Large Language Models (LLMs) are becoming crucial across various fields, emphasizing the urgency for high-quality models in underrepresented languages. This study explores the unique challenges faced by low-resource languages, such as data scarcity, model selection, evaluation, and computational limitations, with a special focus on Turkish. We conduct an in-depth analysis to evaluate the impact of training strategies, model choices, and data availability on the performance of LLMs designed for underrepresented languages. Our approach includes two methodologies: (i) adapting existing LLMs originally pretrained in English to understand Turkish, and (ii) developing a model from the ground up using Turkish pretraining data, both supplemented with supervised fine-tuning on a novel Turkish instruction-tuning dataset aimed at enhancing reasoning capabilities. The relative performance of these methods is evaluated through the creation of a new leaderboard for Turkish LLMs, featuring benchmarks that assess different reasoning and knowledge skills. Furthermore, we conducted experiments on data and model scaling, both during pretraining and fine-tuning, simultaneously emphasizing the capacity for knowledge transfer across languages and addressing the challenges of catastrophic forgetting encountered during fine-tuning on a different language. Our goal is to offer a detailed guide for advancing the LLM framework in low-resource linguistic contexts, thereby making natural language processing (NLP) benefits more globally accessible.
Paper Structure (72 sections, 7 equations, 1 figure, 12 tables)
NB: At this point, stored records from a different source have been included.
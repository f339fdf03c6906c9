-- ===== src/Server/Lifecycle.antt =====
-- What a server serves after `Start`.
use triple.Base.{
  get_elem?-set_self, ap, ◌∙◌, get_elem?-append_last, sym, bind-returned, Exit, panicked, count_if,
  length, false, nat_eq, ◌&&◌, List, ◌>>=◌, modify, String, ◌++◌, returned, some, ◌≡◌, get_elem?,
  true, All, Bool, ℕ, pure, [], ◌∷◌, refl,
}
use triple.Server.{
  set_running, start_on, start, on_host, mark_registered, on_server, start_services, System,
}
use triple.Base.Dict.{insert, Dict}
use triple.Server.Registration.{register_one, Service}
use triple.Server.Environment.{
  Host, serve_in, update_server, is_open_at, ServerOption, listen, Listener, GrpcServer,
}
use triple.Server.Registering.{
  update_server-found, Registers-trans, all_registered-cong, registered_as, register_one-Registers,
  Registers-none, IsServable, all_registered, Registers,
}
use triple.Security.{TlsFiles}
use triple.Common.Codec.{Registry, EncodingLib}
use triple.Common.Logger.{CanLog}
use triple.Server.Options.{new_grpc_server_with_codec}
use triple.Server.Options.Building.{fresh_server, new_grpc_server_with_codec-makes}

-- The keys of the map are marked, beside those that were.
abbrev pub mark_all : Dict Service → Dict Bool → Dict Bool
mark_all [] marks = marks
mark_all ((key, v) ∷ m) marks = mark_all m (insert key true marks)

module _ {Codec : Type 0} where
  -- Going from `y` to `y'`, the services of the map have been registered with the server `i`, and
  -- marked.
  pub record Starts (y y' : System Codec) (i : ℕ) (s : GrpcServer Codec) (m : Dict Service)
      : Type 0 where
    pub registers : Registers y.host y'.host i s (all_registered y.host.desc_at m)
    pub marks : y'.server ≡ record y.server { registered_key = mark_all m y.server.registered_key }

  start_services-Starts :
      (i : ℕ) (m : Dict Service) (y : System Codec) (s : GrpcServer Codec)
      → All IsServable m
      → get_elem? y.host.servers i ≡ some s
      → ((start_services i m y).1 ≡ returned tt) × Starts y (start_services i m y).0 i s m
  unfolding start_services pure on_host modify mark_registered ◌>>=◌
  start_services-Starts i [] y s ok e =
      (refl, record { registers = Registers-none y.host i s e; marks = refl })
  start_services-Starts i ((key, v) ∷ m) y s ok e =
      let y1 = on_server (mark_registered key) y in
      let one = register_one-Registers i key v y.host s ok.0 e in
      let y2 : System Codec = record y1 { host = (register_one i key v y.host).0 } in
      let s1 = record s { services = s.services ++ registered_as y.host.desc_at key v ∷ [] } in
      let rest = start_services-Starts i m y2 s1 ok.1 one.1.served in
      rw (bind-returned (on_host (register_one i key v)) (λ _. start_services i m) y1 tt one.0) (
        rest.0,
        record {
          registers =
              rw (sym (all_registered-cong m y2.host.desc_at y.host.desc_at one.1.handlers_kept))
                (Registers-trans one.1 rest.1.registers);
          marks = rest.1.marks;
        },
      )

module _ {Codec : Type 0} (binds : String → Bool) (files : TlsFiles) (lib : EncodingLib Codec)
    (registry : Registry Codec) (y : System Codec) where
  -- No open listener has the server's address, and the system lets it be bound.
  abbrev pub can_listen : Bool
  can_listen =
      binds y.server.opt.location
      && nat_eq (count_if (is_open_at y.server.opt.location) y.host.listeners) 0

  -- Where the address cannot be bound, `Start` panics and changes nothing.
  pub start-panics : can_listen ≡ false → start binds files lib registry y ≡ (y, panicked)
  unfolding start on_host listen ◌>>=◌
  start-panics busy = rw busy refl

  -- The listener that `Start` opens.
  abbrev new_listeners : List Listener
  new_listeners =
      y.host.listeners ++ record { address = y.server.opt.location; is_open = true } ∷ []

  -- What `Start` leaves: a new server with the services of the map, under their keys, that serves
  -- the new listener, and a `TripleServer` that has both and has all keys marked.
  pub record IsStarted (y' : System Codec) : Type 0 where
    pub options : List (ServerOption Codec)
    pub serves :
        get_elem? y'.host.servers (length y.host.servers)
        ≡ some (record {
          options = options;
          services = all_registered y.host.desc_at y.server.rpc_service_map;
          stopped = false;
          serving = some (length y.host.listeners) ∷ [];
        })
    pub listens : y'.host.listeners ≡ new_listeners
    pub handlers_kept : (a : ℕ) → (y'.host.desc_at a).handlers ≡ (y.host.desc_at a).handlers
    pub holds : y'.server ≡ record y.server {
      lst = some (length y.host.listeners);
      grpc_server = some (length y.host.servers);
      registered_key = mark_all y.server.rpc_service_map y.server.registered_key;
    }

  -- The process behind `net.Listen`.
  abbrev listening : System Codec
  listening = record y { host = record y.host { listeners = new_listeners } }

  start-start_on :
      can_listen ≡ true
      → start binds files lib registry y
        ≡ start_on binds files lib registry (length y.host.listeners) y.server listening
  unfolding start on_host listen ◌>>=◌
  start-start_on free = rw free refl

  -- The last two steps of `Start`.
  finish : System Codec → System Codec × Exit (Unit {0})
  finish z = (
    record {
      server = set_running (some (length y.host.listeners)) (length y.host.servers) z.server;
      host =
          update_server (length y.host.servers) (serve_in (some (length y.host.listeners))) z.host;
    },
    returned tt,
  )

  -- The services are registered in the process with the new server.
  registered_in : Host Codec → System Codec
  registered_in h =
      (start_services (length y.host.servers) y.server.rpc_service_map
        (record listening { host = h })).0

  start_on-finish :
      (h : Host Codec)
      → new_grpc_server_with_codec files lib registry y.server.opt listening.host
        ≡ (h, returned (length y.host.servers))
      → (start_services
          (length y.host.servers)
          y.server.rpc_service_map
          (record listening { host = h })).1
        ≡ returned tt
      → start_on binds files lib registry (length y.host.listeners) y.server listening
        ≡ finish (registered_in h)
  unfolding start_on finish registered_in on_host ◌>>=◌
  start_on-finish h made started = rw (made, started) refl

  -- What the last two steps make of a process in which the services are registered.
  finish-IsStarted :
      (h : Host Codec) (os : List (ServerOption Codec))
      → h.listeners ≡ new_listeners
      → h.desc_at ≡ y.host.desc_at
      → Starts
          (record listening { host = h })
          (registered_in h)
          (length y.host.servers)
          (fresh_server files lib registry y.server.opt os)
          y.server.rpc_service_map
      → IsStarted (finish (registered_in h)).0
  unfolding finish set_running
  finish-IsStarted h os ls ds st =
      let found =
        update_server-found (length y.host.servers) (serve_in (some (length y.host.listeners)))
          (registered_in h).host _ st.registers.served in
      record {
        options = os;
        serves =
            ap (λ z. get_elem? z.servers (length y.host.servers)) found
            ∙ get_elem?-set_self (registered_in h).host.servers (length y.host.servers) _ _
                st.registers.served
            ∙ ap
                (λ d. some (record {
                  options = os;
                  services = all_registered d y.server.rpc_service_map;
                  stopped = false;
                  serving = some (length y.host.listeners) ∷ [];
                }))
                ds;
        listens = ap (λ z. z.listeners) found ∙ st.registers.listeners_kept ∙ ls;
        handlers_kept = λ a.
            ap (λ z. (z.desc_at a).handlers) found
            ∙ st.registers.handlers_kept a
            ∙ ap (λ d. (d a).handlers) ds;
        holds = ap (set_running (some (length y.host.listeners)) (length y.host.servers)) st.marks;
      }

  -- Where the address can be bound, the logger can log and every service of the map implements what
  -- its key needs, `Start` returns. One server is made, whose entries are those of the map, each
  -- under its key and with the handlers of its own service, and which serves the one listener that is
  -- opened, at the option's address; the `TripleServer` holds both.
  pub start_lem :
      can_listen ≡ true
      → CanLog y.server.opt.logger
      → All IsServable y.server.rpc_service_map
      → ((start binds files lib registry y).1 ≡ returned tt)
        × IsStarted (start binds files lib registry y).0
  start_lem free can ok =
      let i = length y.host.servers in
      let (os, entries, printed, made) =
        new_grpc_server_with_codec-makes files lib registry y.server.opt listening.host can in
      let h : Host Codec = record listening.host {
        servers = y.host.servers ++ fresh_server files lib registry y.server.opt os ∷ [];
        logs = entries;
        stdout = printed;
      } in
      let st =
        start_services-Starts i y.server.rpc_service_map (record listening { host = h })
          (fresh_server files lib registry y.server.opt os) ok
          (get_elem?-append_last y.host.servers _) in
      rw (start-start_on free ∙ start_on-finish h made st.0)
        (unfold finish in refl, finish-IsStarted h os refl refl (unfold registered_in in st.1))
This paper contains 72 sections, 7 equations, 1 figure, 12 tables.

Figures (1)

  • Figure 1: Accuracy comparison of Continued Pretrained models on English (Left, Right) and Turkish (Right) question answering tasks and demonstrating the original language catastrophic forgetting while learning the new language. In the table on the left, the performance of our Hamza$_{\scriptsize Mistral}$ and Hamza$_{\scriptsize GPT2-xl}$ models that are adapted on Turkish together with the original Mistral 7B and GPT2-xl. We present the result of our ablation study, where the performance of the adapted models is given by progressively enlarging the pretraining corpus size from 0.1 GB to 5 GB. Here, the zero and few-show accuracies were evaluated on the original ARC and TruthfulQA. The figure on the right illustrates the Mistral model's results on both Turkish and English versions of the ARC dataset, highlighting its improved performance in Turkish and decreasing performance in English with continued pretraining.